1. Level of threat: How well do you know your audience? Will they be open to new exercises and ideas or will they be hesitant and reserved as you begin your presentation? Be aware of your opening exercise so that it does not expose your participants’ lack of knowledge or skills; be prone to engage them in an activity that encourages opinions on a familiar subject in order to create a relaxed environment.

2. Group Characteristics: Would you use the same type of activity for an audience of managers as for an audience of students? Presumably your answer is no, therefore adjust the level of the exercise to the type of audience you are delivering for.

3. Connection to content: The conclusion of your chosen activity should be related to the rest of your training. By tying an icebreaker to the content of your training, you are creating a transition stage that will help the audience smooth into the subject.

Even after you have created an amazing opening for your presentation, group attention or understanding may disappear in a moment’s notice, therefore we shall present 8 methods to keep the participants engaged and transform a usual training into an active one.

1. Sharing: Pose an open question and ask the participants to feel free to share any opinions. You should ask this type of questions when you are sure the audience wants to be involved. Control the sharing period by stating “I would like to get 4 or 5 opinions….”

2. Anonymous answers: Pass index cards around the audience and ask them to write the answer/s on the card without having to write down their names. The anonymity of the cards will offer you truthful opinions and it also saves times for the conciseness of the cards.

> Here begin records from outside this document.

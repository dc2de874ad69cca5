-- ===== src/Webui/Http/Stream/Complete.antt =====
-- internal/webui/server.go, handleEvents: what has been sent and what still waits.
use go_meshtastic_serial2tcp.Prelude.{
  ℕ, zero, suc, ◌≡◌, ◌<◌, refl, sym, ap, ◌∙◌, Bool, Option, none, some, List, [], ◌∷◌, ◌++◌,
  append_assoc, append-nil, length, if◌then◌else◌, arith, Bool-cases, inl, inr, subst,
}
use go_meshtastic_serial2tcp.Prelude.Keys.{nat_key}
use go_meshtastic_serial2tcp.Prelude.Assoc.{Assoc, get, put, get-put_self}
use go_meshtastic_serial2tcp.Webui.Hub.{
  Hub, Event, Chan, record_event, complete_event, ChatMessage, offer_to,
}
use go_meshtastic_serial2tcp.Webui.Hub.Laws.{get-offer_all}
use go_meshtastic_serial2tcp.Webui.Node.{NodeView}
use go_meshtastic_serial2tcp.Prelude.Sorted.By.{sort_by}
use go_meshtastic_serial2tcp.Webui.Http.{num_of}
use go_meshtastic_serial2tcp.Webui.Http.Stream.{
  Sse, snapshot_sse, message_sse, chat_sse, nodes_sse, Viewer, send_sse, receive_from, Choice,
  event_ready, chat_ready, nodes_ready, context_done, Served, goes_on, ended, show_event, show_chat,
  show_nodes, serve_round,
}

module _ (encodes : Sse → Bool) where
  -- The events that encode as JSON.
  abbrev pub kept : List Event → List Event
  kept [] = []
  kept (ev ∷ evs) = if encodes (message_sse ev) then ev ∷ kept evs else kept evs

  -- Rounds in which the select takes an event.
  abbrev pub event_rounds : ℕ → Served → Served
  event_rounds zero s = s
  event_rounds (suc n) (ended g) = ended g
  event_rounds (suc n) (goes_on g w) = event_rounds n (serve_round encodes g w event_ready)

-- The events that a viewer has been sent.
abbrev pub messages : List Sse → List Event
messages [] = []
messages (snapshot_sse x ∷ xs) = messages xs
messages (message_sse ev ∷ xs) = ev ∷ messages xs
messages (chat_sse x ∷ xs) = messages xs
messages (nodes_sse x ∷ xs) = messages xs

-- The events that wait in a channel.
abbrev pub waiting : Hub → ℕ → List Event
waiting h id = elim (get h.subscribers id) [ none ↦ [] | some c ↦ c.buffer ]

module _ (encodes : Sse → Bool) (h : Hub) (v : Viewer) where
  -- From `h` and `v` on: events are recorded, which the list names as they are stored, while fewer
  -- than 128 wait for the viewer; the viewer's loop makes rounds; and whatever else changes the hub
  -- leaves the viewer's channel of events alone.
  pub data Streams : List Event → Hub → Viewer → Type 0 where
    starts : Streams [] h v
    records :
        {evs : List Event} {g : Hub} {w : Viewer}
        → Streams evs g w
        → (now : ℕ) (ev : Event) → length (waiting g w.events) < 128
        → (more : List Event) → more ≡ evs ++ (complete_event now g ev ∷ [])
        → Streams more (record_event now g ev) w
    serves :
        {evs : List Event} {g : Hub} {w : Viewer}
        → Streams evs g w
        → (choice : Choice) (g' : Hub) (w' : Viewer)
        → serve_round encodes g w choice ≡ goes_on g' w'
        → Streams evs g' w'
    changes :
        {evs : List Event} {g : Hub} {w : Viewer}
        → Streams evs g w
        → (g' : Hub) → get g'.subscribers w.events ≡ get g.subscribers w.events
        → Streams evs g' w

  kept-append : (xs ys : List Event) → kept encodes (xs ++ ys) ≡ kept encodes xs ++ kept encodes ys
  kept-append [] ys = refl
  kept-append (x ∷ xs) ys = elim (Bool-cases (encodes (message_sse x))) [
    | inl e ↦ rw e (ap (λ t. x ∷ t) (kept-append xs ys))
    | inr e ↦ rw e (kept-append xs ys)
  ]

  messages-append : (xs ys : List Sse) → messages (xs ++ ys) ≡ messages xs ++ messages ys
  messages-append [] ys = refl
  messages-append (snapshot_sse x ∷ xs) ys = messages-append xs ys
  messages-append (message_sse x ∷ xs) ys = ap (λ t. x ∷ t) (messages-append xs ys)
  messages-append (chat_sse x ∷ xs) ys = messages-append xs ys
  messages-append (nodes_sse x ∷ xs) ys = messages-append xs ys

  -- What is sent and what waits are all the events.
  pub record IsComplete (evs : List Event) (g : Hub) (w : Viewer) : Type 0 where
    pub chan : Chan Event
    pub open_eq : get g.subscribers w.events ≡ some chan
    pub capacity_eq : chan.capacity ≡ 128
    pub whole : messages w.sent ++ kept encodes chan.buffer ≡ kept encodes evs

  pub other-sent :
      (x : Sse) (sent : List Sse)
      → messages (x ∷ []) ≡ []
      → messages (send_sse encodes x sent) ≡ messages sent
  unfolding send_sse
  other-sent x sent e = elim (Bool-cases (encodes x)) [
    | inl t ↦ rw t (messages-append sent (x ∷ []) ∙ ap (λ r. messages sent ++ r) e ∙ append-nil _)
    | inr t ↦ rw t refl
  ]

  pub event-sent :
      (ev : Event) (sent : List Sse) (later : List Event)
      → messages (send_sse encodes (message_sse ev) sent) ++ kept encodes later
        ≡ messages sent ++ kept encodes (ev ∷ later)
  unfolding send_sse
  event-sent ev sent later = elim (Bool-cases (encodes (message_sse ev))) [
    | inl t ↦ rw t (
        ap (λ r. r ++ kept encodes later) (messages-append sent (message_sse ev ∷ []))
        ∙ append_assoc (messages sent) (ev ∷ []) (kept encodes later))
    | inr t ↦ rw t refl
  ]

  recorded-IsComplete :
      (evs : List Event) (g : Hub) (w : Viewer) (now : ℕ) (ev : Event)
      → length (waiting g w.events) < 128
      → IsComplete evs g w
      → IsComplete (evs ++ (complete_event now g ev ∷ [])) (record_event now g ev) w
  unfolding record_event
  recorded-IsComplete evs g w now ev room good =
      let x = complete_event now g ev in
      let c = good.chan in
      let free : length c.buffer < 128 =
        subst (λ o. length (elim o [ none ↦ [] | some d ↦ d.buffer ]) < 128) good.open_eq room in
      record {
        chan = record c { buffer = c.buffer ++ (x ∷ []) };
        open_eq =
            get-offer_all x g.subscribers w.events c good.open_eq
            ∙ ap some (offered x c (subst (λ n. length c.buffer < n) (sym good.capacity_eq) free));
        capacity_eq = good.capacity_eq;
        whole =
            ap (λ t. messages w.sent ++ t) (kept-append c.buffer (x ∷ []))
            ∙ sym (append_assoc (messages w.sent) (kept encodes c.buffer) (kept encodes (x ∷ [])))
            ∙ ap (λ t. t ++ kept encodes (x ∷ [])) good.whole
            ∙ sym (kept-append evs (x ∷ []));
      }
    where
      offered :
          (x : Event) (c : Chan Event)
          → length c.buffer < c.capacity
          → offer_to x c ≡ record c { buffer = c.buffer ++ (x ∷ []) }
      offered x c k = ground arith

  abbrev AfterRound : List Event → Served → Type 0
  AfterRound evs (goes_on g w) = IsComplete evs g w
  AfterRound evs (ended g) = Unit

  -- What is sent besides the events changes nothing of it.
  with_other :
      (evs : List Event) (g g' : Hub) (w : Viewer) (x : Sse)
      → messages (x ∷ []) ≡ []
      → g'.subscribers ≡ g.subscribers
      → IsComplete evs g w
      → IsComplete evs g' (record w { sent = send_sse encodes x w.sent })
  with_other evs g g' w x silent same good = record {
    chan = good.chan;
    open_eq = ap (λ m. get m w.events) same ∙ good.open_eq;
    capacity_eq = good.capacity_eq;
    whole = ap (λ t. t ++ kept encodes good.chan.buffer) (other-sent x w.sent silent) ∙ good.whole;
  }

  show_chat-IsComplete :
      (evs : List Event) (g : Hub) (w : Viewer)
      (o : Option (ChatMessage × Assoc ℕ (Chan ChatMessage)))
      → IsComplete evs g w
      → AfterRound evs (show_chat encodes g w o)
  show_chat-IsComplete evs g w none good = good
  show_chat-IsComplete evs g w (some (msg, subs)) good =
      with_other evs g (record g { chat_subs = subs }) w (chat_sse msg) refl refl good

  show_nodes-IsComplete :
      (evs : List Event) (g : Hub) (w : Viewer)
      (o : Option (List NodeView × Assoc ℕ (Chan (List NodeView))))
      → IsComplete evs g w
      → AfterRound evs (show_nodes encodes g w o)
  show_nodes-IsComplete evs g w none good = good
  show_nodes-IsComplete evs g w (some (ns, subs)) good =
      with_other evs g (record g { node_subs = subs }) w (nodes_sse (sort_by num_of ns)) refl refl
        good

  unfoldable pub received :
      (evs : List Event) (g : Hub) (w : Viewer) (good : IsComplete evs g w) (x : Event)
      (later : List Event)
      → good.chan.buffer ≡ x ∷ later
      → IsComplete evs
          (record g {
            subscribers = put g.subscribers w.events (record good.chan { buffer = later });
          })
          (record w { sent = send_sse encodes (message_sse x) w.sent })
  received evs g w good x later e = record {
    chan = record good.chan { buffer = later };
    open_eq = get-put_self g.subscribers w.events (record good.chan { buffer = later });
    capacity_eq = good.capacity_eq;
    whole =
        event-sent x w.sent later
        ∙ ap (λ t. messages w.sent ++ kept encodes t) (sym e)
        ∙ good.whole;
  }

  show_event-IsComplete :
      (evs : List Event) (g : Hub) (w : Viewer) (good : IsComplete evs g w) (buffer : List Event)
      → good.chan.buffer ≡ buffer
      → AfterRound evs (
          show_event encodes g w
            (receive_from g.subscribers w.events (some (record good.chan { buffer = buffer }))))
  show_event-IsComplete evs g w good [] e = good
  show_event-IsComplete evs g w good (x ∷ later) e = received evs g w good x later e

  serve_round-IsComplete :
      (evs : List Event) (g : Hub) (w : Viewer) (choice : Choice)
      → IsComplete evs g w
      → AfterRound evs (serve_round encodes g w choice)
  unfolding serve_round
  serve_round-IsComplete evs g w context_done good = tt
  serve_round-IsComplete evs g w event_ready good =
      subst (λ o. AfterRound evs (show_event encodes g w (receive_from g.subscribers w.events o)))
        (sym good.open_eq) (show_event-IsComplete evs g w good good.chan.buffer refl)
  serve_round-IsComplete evs g w chat_ready good = show_chat-IsComplete evs g w _ good
  serve_round-IsComplete evs g w nodes_ready good = show_nodes-IsComplete evs g w _ good

  pub Streams-IsComplete :
      {evs : List Event} {g : Hub} {w : Viewer}
      → IsComplete [] h v
      → Streams evs g w
      → IsComplete evs g w
  Streams-IsComplete start starts = start
  Streams-IsComplete start (records {evs} {g} {w} s now ev room more e) =
      subst (λ l. IsComplete l (record_event now g ev) w) (sym e)
        (recorded-IsComplete evs g w now ev room (Streams-IsComplete start s))
  Streams-IsComplete start (serves {evs} {g} {w} s choice g' w' e) =
      subst (AfterRound evs) e (serve_round-IsComplete evs g w choice (Streams-IsComplete start s))
  Streams-IsComplete start (changes {evs} {g} {w} s g' same) =
      let good = Streams-IsComplete start s in
      record {
        chan = good.chan;
        open_eq = same ∙ good.open_eq;
        capacity_eq = good.capacity_eq;
        whole = good.whole;
      }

3. Questionnaires: Create a brief questionnaire that can be answered easily and can be verified fast. Sharing the results of the questionnaires during the training will be extremely appealing for the participants.

4. Buddy system: Ask participants to group in 2’s in order to answer certain questions/questionnaires. This system is efficient in creating a collaborative environment but time to create bigger groups is not enough.

5. Whips: Move around the audience and obtain short answers to key questions. The questions posed through this method should offer multiple answers, for example: A leader’s main skill is ….. Ask the audience to offer different answers, personal opinions and not repeat the past responses.

6. Panel: invite in front of the audience a small group of representatives to share their views on a certain matter. If time allows it, rotate the members of the panel so as many participants as possible, you may offer their insight.

7. Fishbowl: Select a part of the audience to form a circle and begin discussing the requested subject, as the rest of the audience listens from outside the circle. Shift people from the outer circle into the discussion circle to keep the discussion going and offer new perspectives.

8. Games: the variety of games, from icebreakers, to puzzles, quizzes or team challenge can help challenge your participants’ knowledge and ideas, bringing forth a key message of the training.

What other methods do you use to energize your training session?